— Stored data —
╭──

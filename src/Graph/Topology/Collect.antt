-- ===== src/Graph/Topology/Collect.antt =====
-- The first loop of `topology_for_edges` as a whole, and the root nodes.
use nazh.Base.{
  ℕ, ◌+◌, ◌≤◌, ◌<◌, ◌≡◌, refl, ◌∙◌, ap, ◌&&◌, none, some, String, List, [], ◌∷◌, inr, str_eq,
  if◌then◌else◌, ◌==◌, Dict, lookup, arith,
}
use mathlib.Core.Path.{subst}
use nazh.Graph.Types.{WorkflowEdge}
use nazh.Graph.Topology.{keys, each_node, push_edge, count_edge, Degrees, add_edges, zeros}
use nazh.Graph.Topology.Count.{one_if, occurs}
use nazh.Graph.Topology.Waiting.{into, between}
use nazh.Graph.Topology.Degrees.{
  of_node, IsCounted-ext, IsCollected, Joined, count_edge-IsCounted, push_edge-neighbors,
  contains_key-occurs,
}

module _ {V : Type 0} (nodes : Dict V) where
  IsCollected-step :
      (e : WorkflowEdge) (c : String → ℕ) (b : String → String → ℕ) (d : Degrees)
      → IsCollected (keys nodes) c b d
      → IsCollected
          (keys nodes)
          (λ u. c u + one_if (str_eq e.to u))
          (λ v u. b v u + one_if (str_eq e.from v && str_eq e.to u))
          (count_edge e.to d.0, push_edge e d.1)
  IsCollected-step e c b d h = record {
    counts = count_edge-IsCounted (keys nodes) c e.to d.0 h.counts;
    lists = λ v u.
        push_edge-neighbors e v u d.1
        ∙ ap (λ n. n + one_if (str_eq e.from v && str_eq e.to u)) (h.lists v u);
  }

  pub IsCollected-ext :
      (c c' : String → ℕ) (b b' : String → String → ℕ) (d : Degrees)
      → ((u : String) → c u ≡ c' u)
      → ((v u : String) → b v u ≡ b' v u)
      → IsCollected (keys nodes) c b d
      → IsCollected (keys nodes) c' b' d
  IsCollected-ext c c' b b' d hc hb h = record {
    counts = IsCounted-ext (keys nodes) c c' d.0 (λ u. ap (of_node (keys nodes) u) (hc u)) h.counts;
    lists = λ v u. h.lists v u ∙ hb v u;
  }

  add_edges_head :
      (f : WorkflowEdge) (es : List WorkflowEdge) (d d' : Degrees)
      → add_edges nodes (f ∷ es) d ≡ inr d'
      → ((0 < occurs f.from (keys nodes)) × (0 < occurs f.to (keys nodes)))
        × (add_edges nodes es (count_edge f.to d.0, push_edge f d.1) ≡ inr d')
  unfolding add_edges
  add_edges_head f es d d' e =
      ground (arith, e, contains_key-occurs f.from nodes, contains_key-occurs f.to nodes)

  pub add_edges-IsCollected :
      (es : List WorkflowEdge) (c : String → ℕ) (b : String → String → ℕ) (d d' : Degrees)
      → IsCollected (keys nodes) c b d
      → add_edges nodes es d ≡ inr d'
      → IsCollected (keys nodes) (λ u. c u + into es u) (λ v u. b v u + between es v u) d'
        × Joined (keys nodes) es
  unfolding add_edges into between
  add_edges-IsCollected [] c b d d' h e =
      let p : d ≡ d' = cc in
      (
        subst (IsCollected (keys nodes) _ _) p
            (IsCollected-ext c _ b _ d (λ u. omega arith) (λ v u. omega arith) h),
        tt,
      )
  add_edges-IsCollected (f ∷ es) c b d d' h e =
      let (ends, rest) = add_edges_head f es d d' e in
      let (all, joined) = add_edges-IsCollected es _ _ _ d' (IsCollected-step f c b d h) rest in
      (IsCollected-ext _ _ _ _ d' (λ u. omega arith) (λ v u. omega arith) all, (ends, joined))

  pub add_edges_total :
      (es : List WorkflowEdge) (d : Degrees)
      → Joined (keys nodes) es
      → (d' : Degrees) × (add_edges nodes es d ≡ inr d')
  unfolding add_edges
  add_edges_total [] d h = (d, refl)
  add_edges_total (f ∷ es) d h =
      let (d', e) = add_edges_total es (count_edge f.to d.0, push_edge f d.1) h.1 in
      (d', ground (arith, h.0, e, contains_key-occurs f.from nodes, contains_key-occurs f.to nodes))

pub lookup-each_node :
    {V : Type 0} {W : Type 0} (w : W) (u : String) (m : Dict V)
    → lookup u (each_node w m) ≡ (if occurs u (keys m) == 0 then none else some w)
unfolding lookup each_node occurs
lookup-each_node w u [] = refl
lookup-each_node w u ((k, v) ∷ m) = ground (arith, lookup-each_node w u m)

keys-each_node : {V : Type 0} {W : Type 0} (w : W) (m : Dict V) → keys (each_node w m) ≡ keys m
unfolding each_node
keys-each_node w [] = refl
keys-each_node w ((k, v) ∷ m) = ap (λ ks. k ∷ ks) (keys-each_node w m)

pub each_node-IsCollected :
    {V : Type 0} (nodes : Dict V)
    → IsCollected (keys nodes) (λ u. 0) (λ v u. 0) (each_node 0 nodes, each_node [] nodes)
unfolding into
each_node-IsCollected nodes = record {
  counts = record {
    at = λ u. lookup-each_node 0 u nodes;
    ids_kept = λ u. ap (occurs u) (keys-each_node 0 nodes);
  };
  lists = λ v u. ground (arith, lookup-each_node {W = List WorkflowEdge} [] v nodes);
}

zeros-le : (u : String) (m : Dict ℕ) → occurs u (zeros m) ≤ occurs u (keys m)
unfolding zeros occurs
zeros-le u [] = omega arith
zeros-le u ((k, n) ∷ m) = ground (arith, zeros-le u m)

-- the root nodes are the ids whose count is 0
pub occurs-zeros :
    (u : String) (m : Dict ℕ)
    → occurs u (keys m) ≤ 1
    → occurs u (zeros m) ≡ (elim (lookup u m) [ none ↦ 0 | some n ↦ one_if (n == 0) ])
unfolding zeros occurs lookup
occurs-zeros u [] h = refl
occurs-zeros u ((k, n) ∷ m) h = ground (arith, zeros-le u m, occurs-zeros u m)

╰──

— Assignment —
From the line holding "push_edge-neighbors e v u d.1" to the line holding "add_edges_total [] d h = (d, refl)", inclusive, restate each line above exactly as written.

— Answer —
        push_edge-neighbors e v u d.1
        ∙ ap (λ n. n + one_if (str_eq e.from v && str_eq e.to u)) (h.lists v u);
  }

  pub IsCollected-ext :
      (c c' : String → ℕ) (b b' : String → String → ℕ) (d : Degrees)
      → ((u : String) → c u ≡ c' u)
      → ((v u : String) → b v u ≡ b' v u)
      → IsCollected (keys nodes) c b d
      → IsCollected (keys nodes) c' b' d
  IsCollected-ext c c' b b' d hc hb h = record {
    counts = IsCounted-ext (keys nodes) c c' d.0 (λ u. ap (of_node (keys nodes) u) (hc u)) h.counts;
    lists = λ v u. h.lists v u ∙ hb v u;
  }

  add_edges_head :
      (f : WorkflowEdge) (es : List WorkflowEdge) (d d' : Degrees)
      → add_edges nodes (f ∷ es) d ≡ inr d'
      → ((0 < occurs f.from (keys nodes)) × (0 < occurs f.to (keys nodes)))
        × (add_edges nodes es (count_edge f.to d.0, push_edge f d.1) ≡ inr d')
  unfolding add_edges
  add_edges_head f es d d' e =
      ground (arith, e, contains_key-occurs f.from nodes, contains_key-occurs f.to nodes)

  pub add_edges-IsCollected :
      (es : List WorkflowEdge) (c : String → ℕ) (b : String → String → ℕ) (d d' : Degrees)
      → IsCollected (keys nodes) c b d
      → add_edges nodes es d ≡ inr d'
      → IsCollected (keys nodes) (λ u. c u + into es u) (λ v u. b v u + between es v u) d'
        × Joined (keys nodes) es
  unfolding add_edges into between
  add_edges-IsCollected [] c b d d' h e =
      let p : d ≡ d' = cc in
      (
        subst (IsCollected (keys nodes) _ _) p
            (IsCollected-ext c _ b _ d (λ u. omega arith) (λ v u. omega arith) h),
        tt,
      )
  add_edges-IsCollected (f ∷ es) c b d d' h e =
      let (ends, rest) = add_edges_head f es d d' e in
      let (all, joined) = add_edges-IsCollected es _ _ _ d' (IsCollected-step f c b d h) rest in
      (IsCollected-ext _ _ _ _ d' (λ u. omega arith) (λ v u. omega arith) all, (ends, joined))

  pub add_edges_total :
      (es : List WorkflowEdge) (d : Degrees)
      → Joined (keys nodes) es
      → (d' : Degrees) × (add_edges nodes es d ≡ inr d')
  unfolding add_edges
  add_edges_total [] d h = (d, refl)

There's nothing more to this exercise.